I came across an interesting study into the effects of different training methods on aggression in dogs, and it occurred to me that a thread that brought together research studies into different approaches to dog training could be useful. Do add details of more studies you know of - preferably published and peer reviewed!

http://www.friendsofthedog.co.za/uploads/6/0/9/1/6091047/trainingarticle.pdf

‎"In conclusion, confrontational or aversive behavioral
interventions applied by dog owners before their pets were
presented for a behavior consultation were associated with
aggressive responses in many cases. Owners of dogs
aggressive to family members are especially at risk for
injury—and their pets at risk of relinquishment or euthanasia—
when certain aversive methods are used. Ultimately,
reward-based training is less stressful or painful for the dog,
and, hence, safer for the owner. It is important for primary
care veterinarians to advise owners about risks associated
with aversive training methods, despite their prevalence in
the popular media, and to provide resources for safe and
effective management of behavior problems."


----------



## tortoise (Feb 5, 2012)

Only safer IF the owner knows what they are doing and has impeccable timing. Ever watch someone using clicker training accidentally be reinforcing the aggression and making it worse?

For the average dog, yes, clicker training is by far the best method to go with. If the dog doesn't have behavior problems, the worst thing that can happen is the dog is fat, happy, and naughty.

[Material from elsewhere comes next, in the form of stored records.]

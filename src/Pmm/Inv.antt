-- ===== src/Pmm/Inv.antt =====
-- The invariant of the frame allocator: `used_frames` counts the taken frames.
use sifar_os.Common.{ℕ, ◌+◌, ◌*◌, ◌/◌, ◌^◌, ◌<◌, ◌≤◌, ◌≡◌, true, false, arith, length, length-set}
use sifar_os.Pmm.{
  Pmm, page_size, bit_test, take_frame, give_frame, mark_used_one, mark_free_one, free_frame,
}
use sifar_os.Pmm.Bits.{count_set, count_set-le, count_set-set-true, count_set-set-false}

-- No more than the 2 ^ 18 frames below 1 GiB are managed.
pub record IsValid (p : Pmm) : Type 0 where
  pub used : p.used_frames ≡ count_set p.total_frames p.bitmap
  pub words : p.bitmap_words ≡ (p.total_frames + 31) / 32
  pub size : length p.bitmap ≡ 32 * p.bitmap_words
  pub small : p.total_frames ≤ 2 ^ 18

pub take_frame-IsValid :
    (p : Pmm) (f : ℕ)
    → f < p.total_frames
    → bit_test p f ≡ false
    → IsValid p
    → IsValid (take_frame p f)
take_frame-IsValid p f h e v = ground (
  arith,
  length-set {0} p.bitmap f true,
  count_set-le p.total_frames p.bitmap,
  count_set-set-true p.total_frames f p.bitmap h,
)

pub give_frame-IsValid :
    (p : Pmm) (f : ℕ)
    → f < p.total_frames
    → bit_test p f ≡ true
    → IsValid p
    → IsValid (give_frame p f)
give_frame-IsValid p f h e v = ground (
  arith,
  length-set {0} p.bitmap f false,
  count_set-le p.total_frames p.bitmap,
  count_set-set-false p.total_frames f p.bitmap h,
)

pub free_frame-IsValid : (p : Pmm) (addr : ℕ) → IsValid p → IsValid (free_frame p addr)
unfolding free_frame
free_frame-IsValid p addr v = ground (arith, give_frame-IsValid p (addr / page_size))

pub mark_used_one-IsValid :
    (p : Pmm) (f : ℕ) → f < p.total_frames → IsValid p → IsValid (mark_used_one p f)
unfolding mark_used_one
mark_used_one-IsValid p f h v = ground (arith, take_frame-IsValid p f h)

pub mark_free_one-IsValid :
    (p : Pmm) (f : ℕ) → f < p.total_frames → IsValid p → IsValid (mark_free_one p f)
unfolding mark_free_one
mark_free_one-IsValid p f h v = ground (arith, give_frame-IsValid p f h)
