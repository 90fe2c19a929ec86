-- ===== src/Pmm/Alloc.antt =====
-- `pmm_alloc_frame` takes the lowest free frame, or reports that none is free.
use native.Mathlib.Nat.{add-zero}
use sifar_os.Common.{
  ℕ, zero, suc, ◌+◌, ◌*◌, ◌%◌, ◌^◌, ◌<◌, ◌≤◌, ◌≡◌, refl, true, false, Option, none, some, arith,
  ◌⊎◌, inl, inr, leb, Bool-cases, sym, subst,
}
use sifar_os.Pmm.{Pmm, page_size, bit_test, take_frame, scan_word, scan_words, all_set, alloc_frame}
use sifar_os.Pmm.Inv.{IsValid, take_frame-IsValid}

-- Every managed frame from `lo` up to `hi` is taken.
abbrev pub Taken : Pmm → ℕ → ℕ → Type 0
Taken p lo hi = (g : ℕ) → lo ≤ g → g < hi → g < p.total_frames → bit_test p g ≡ true

-- The outcome of a search from `lo` up to `hi` for the lowest free frame.
abbrev pub Lowest : Pmm → ℕ → ℕ → Option ℕ → Type 0
Lowest p lo hi none = Taken p lo hi
Lowest p lo hi (some f) =
    (lo ≤ f) × (f < hi) × (f < p.total_frames) × (bit_test p f ≡ false) × Taken p lo f

Taken-join : (p : Pmm) (lo mid hi : ℕ) → Taken p lo mid → Taken p mid hi → Taken p lo hi
Taken-join p lo mid hi a b g h k m = ground (arith, a g, b g)

Lowest-join :
    (p : Pmm) (lo mid hi : ℕ) (r : Option ℕ)
    → lo ≤ mid
    → Taken p lo mid
    → Lowest p mid hi r
    → Lowest p lo hi r
Lowest-join p lo mid hi none h a b = Taken-join p lo mid hi a b
Lowest-join p lo mid hi (some f) h a (b, c, d, e, t) =
    (omega arith, c, d, e, Taken-join p lo mid f a t)

Taken-one : (p : Pmm) (f hi : ℕ) → hi ≤ f + 1 → bit_test p f ≡ true → Taken p f hi
Taken-one p f hi k e g h l m = let s : f ≡ g = omega arith in subst (λ x. bit_test p x ≡ true) s e

Taken-beyond : (p : Pmm) (f hi : ℕ) → p.total_frames ≤ f → Taken p f hi
Taken-beyond p f hi h g a b c = absurd (omega arith)

scan_word-Lowest :
    (p : Pmm) (w n b hi : ℕ) → w * 32 + b + n ≡ hi → Lowest p (w * 32 + b) hi (scan_word p w n b)
unfolding scan_word
scan_word-Lowest p w zero b hi e = λ g h k m. absurd (omega arith)
scan_word-Lowest p w (suc n) b hi e = elim (Bool-cases (leb p.total_frames (w * 32 + b))) [
  | inl past ↦ rw past (Taken-beyond p _ hi (ground arith))
  | inr inside ↦ rw inside (elim (Bool-cases (bit_test p (w * 32 + b))) [
    | inl taken ↦ rw taken (
        Lowest-join p (w * 32 + b) (w * 32 + (b + 1)) hi _ (omega arith)
          (Taken-one p (w * 32 + b) _ (omega arith) taken)
          (scan_word-Lowest p w n (b + 1) hi (omega arith)))
    | inr free ↦
        rw free (omega arith, omega arith, ground arith, free, λ g h k m. absurd (omega arith))
  ])
]

all_set-Taken : (p : Pmm) (n f hi : ℕ) → f + n ≡ hi → all_set p n f ≡ true → Taken p f hi
unfolding all_set
all_set-Taken p zero f hi e h = λ g a b c. absurd (omega arith)
all_set-Taken p (suc n) f hi e h =
    Taken-join p f (f + 1) hi (Taken-one p f (f + 1) (omega arith) (ground arith))
      (all_set-Taken p n (f + 1) hi (omega arith) (ground arith))

or_rest :
    (p : Pmm) (lo mid hi : ℕ) (o r : Option ℕ)
    → lo ≤ mid
    → mid ≤ hi
    → Lowest p lo mid o
    → Lowest p mid hi r
    → Lowest p lo hi (elim o [ some f ↦ some f | none ↦ r ])
or_rest p lo mid hi none r h k a b = Lowest-join p lo mid hi r h a b
or_rest p lo mid hi (some f) r h k (a, b, c, d, e) rest = (a, omega arith, c, d, e)

scan_words-Lowest :
    (p : Pmm) (n w hi : ℕ) → (w + n) * 32 ≡ hi → Lowest p (w * 32) hi (scan_words p n w)
unfolding scan_words
scan_words-Lowest p zero w hi e = λ g h k m. absurd (omega arith)
scan_words-Lowest p (suc n) w hi e =
    let rest : Lowest p ((w + 1) * 32) hi (scan_words p n (w + 1)) =
      scan_words-Lowest p n (w + 1) hi (omega arith) in
    let here : Lowest p (w * 32) ((w + 1) * 32) (scan_word p w 32 0) =
      subst (λ (s : ℕ). Lowest p s ((w + 1) * 32) (scan_word p w 32 0)) (add-zero (w * 32))
        (scan_word-Lowest p w 32 0 ((w + 1) * 32) (omega arith)) in
    elim (Bool-cases (all_set p 32 (w * 32))) [
      | inl full ↦ rw full (
          Lowest-join p (w * 32) ((w + 1) * 32) hi _ (omega arith)
            (all_set-Taken p 32 (w * 32) _ (omega arith) full) rest)
      | inr gap ↦ rw gap (
          or_rest p (w * 32) ((w + 1) * 32) hi (scan_word p w 32 0) _ (omega arith) (omega arith)
            here rest)
    ]

scan-Lowest :
    (p : Pmm) → IsValid p → Lowest p 0 (p.bitmap_words * 32) (scan_words p p.bitmap_words 0)
scan-Lowest p v = scan_words-Lowest p p.bitmap_words 0 (p.bitmap_words * 32) (omega arith)

-- What a request for one frame yields: the lowest free frame, marked taken and nothing else
-- changed, or 0 and no change if every frame is taken.
abbrev pub FirstFit : Pmm → ℕ × Pmm → Type 0
FirstFit p (addr, q) =
    ((f : ℕ) × (f < p.total_frames)
      × (bit_test p f ≡ false)
      × Taken p 0 f
      × (addr ≡ f * page_size)
      × (q ≡ take_frame p f))
    ⊎ (Taken p 0 p.total_frames × (addr ≡ 0) × (q ≡ p))

outcome :
    (p : Pmm) (r : Option ℕ)
    → IsValid p
    → Lowest p 0 (p.bitmap_words * 32) r
    → FirstFit p (elim r [ none ↦ (0, p) | some f ↦ (f * page_size % 2 ^ 32, take_frame p f) ])
outcome p none v t = inr (λ g a b c. t g a (omega arith) c, refl, refl)
outcome p (some f) v (a, b, c, d, t) = inl (f, c, d, t, omega arith, refl)

-- On a valid allocator `pmm_alloc_frame` is first fit: it returns the address of the lowest free
-- frame and takes just that frame, and it returns 0, changing nothing, only if no frame is free.
pub alloc_frame-FirstFit : (p : Pmm) → IsValid p → FirstFit p (alloc_frame p)
unfolding alloc_frame
alloc_frame-FirstFit p v = outcome p (scan_words p p.bitmap_words 0) v (scan-Lowest p v)

pub alloc_frame-IsValid : (p : Pmm) → IsValid p → IsValid (alloc_frame p).1
alloc_frame-IsValid p v = elim (alloc_frame-FirstFit p v) [
  | inl (f, h, e, t, a, q) ↦ subst IsValid (sym q) (take_frame-IsValid p f h e v)
  | inr (t, a, q) ↦ subst IsValid (sym q) v
]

Look outside of that little bubble. Clicker training deservies a prominent place in dog training, but it's not a practical fix for EVERYTHING.


----------



## fjm (Jun 4, 2010)

I'm not sure where in the research or the quotation it says that it is, Tortoise? The data indicates that reward based training - which is much broader than simply clicker training - was less likely to result in aggression to human than aversive and confrontational methods. I don't think it advocates any specific method as a fix for everything.


----------